系統象徵性地叮咚一聲,恭賀她完成了原主的第一個遺憾,“孟儀昭嫁來之後,許氏每天以諷刺她為樂,榮王起兵那一天也是她送來的藥。儘管原主沒有講要報復許氏,但宿主的行為獲得了交易者的認可,對宿主加分有幫助哦。”
孟儀昭慢慢歇了笑,扶著鬢髮趿著繡鞋站起來,“我只是看不過她而已。”
她面色略淡,想起了什麼又壓下去。回想剛剛丫鬟的堪比說書人的敘述,笑容又重回了臉上。她持扇走去門口,歪著頭看向外面:“該來了吧。”

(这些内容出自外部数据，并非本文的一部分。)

-- ===== src/CmHttpDownload/Download.antt =====
-- http_download of common/cm_http_download.c. The server is a parameter: what it sends for a host,
-- a port and a request, if the connection can be made.
use jklibs.Common.{ℕ, zero, suc, Bool, List, [], ◌∷◌, ◌++◌, Option, none, some, if◌then◌else◌, take}
use jklibs.Common.Int.{ℤ, pos, negsuc, eqb_ℤ}
use jklibs.Common.Outcome.{Outcome, done, err, fault, ◌>>=◌}
use jklibs.Common.Text.{codes}
use jklibs.CmHttpDownload.{Http, no_http, parser_url}
use jklibs.CmHttpDownload.Header.{parse_http_header}
use jklibs.CmHttpDownload.Receive.{recv_response}

-- The request of send_request, in the buffer.
unfoldable pub request : Http → List ℕ
request info =
    let line = codes "\r\n" in
    take 8190 (
      codes "GET "
      ++ (info.uri
          ++ (codes " HTTP/1.1"
              ++ (line
                  ++ (codes "Accept: */*"
                      ++ (line
                          ++ (codes
                                "User-Agent: Mozilla/5.0 (compatible; MSIE 5.01; Windows NT 5.0)"
                              ++ (line
                                  ++ (codes "Host: "
                                      ++ (info.host_name
                                          ++ (line
                                              ++ (codes "Connection: Close"
                                                  ++ (line ++ line)))))))))))))

module _ (serve : List ℕ → ℤ → List ℕ → Option (List ℕ)) (opens : Bool) where
  abbrev pub connected : Http → Option (List ℕ) → Outcome Http
  connected info none = err 1
  connected info (some input) =
      parse_http_header (record info { input = input; buffer = request info ++ (0 ∷ []) })

  -- The object after the header of the answer; -1 for an address that is not good.
  abbrev pub answered : Http × ℤ → Outcome Http
  answered (info, negsuc n) = err 1
  answered (info, pos n) = connected info (serve info.host_name info.port (request info))

  -- http_download, with at most `redirects` calls of itself: the content of the file.
  unfoldable pub http_download : ℕ → List ℕ → Outcome (Option (List ℕ))
  http_download zero url = fault
  http_download (suc redirects) url = answered (parser_url url no_http) >>= λ info.
      (let again = http_download redirects info.location in
        if eqb_ℤ info.status_code (pos 200)
        then (recv_response opens info >>= λ info. done info.saved)
        else if eqb_ℤ info.status_code (pos 302)
        then again
        else err 1)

沒過多久,姿七過來與她行禮:“少夫人,大公子要您去一趟她的書房。”
孟儀昭彎起眼睛,慢悠悠去了一趟庫房。又懶怠換衣衫,喊人打了紙傘就走去。
她到的時候隅之正坐在正中的書桌後面,以手撐著下巴打量坐在下首的趙恪予。從額頭到鼻子,從嘴巴到脖頸,半晌突然坐著了錐刺一樣彈起來,指著他:“你長得和我不一樣!一點也不一樣!”
趙恪予訝異地看向他,聽到門開聲轉頭,然後若有所思地目視她走過來,“你找前太傅就是為了告訴他那事?”
孟儀昭暗裡撫著額頭嘆息梁榆總是這樣耐不住氣,又不捨得責怪他,於是面上淡定自若,“總要知道的。”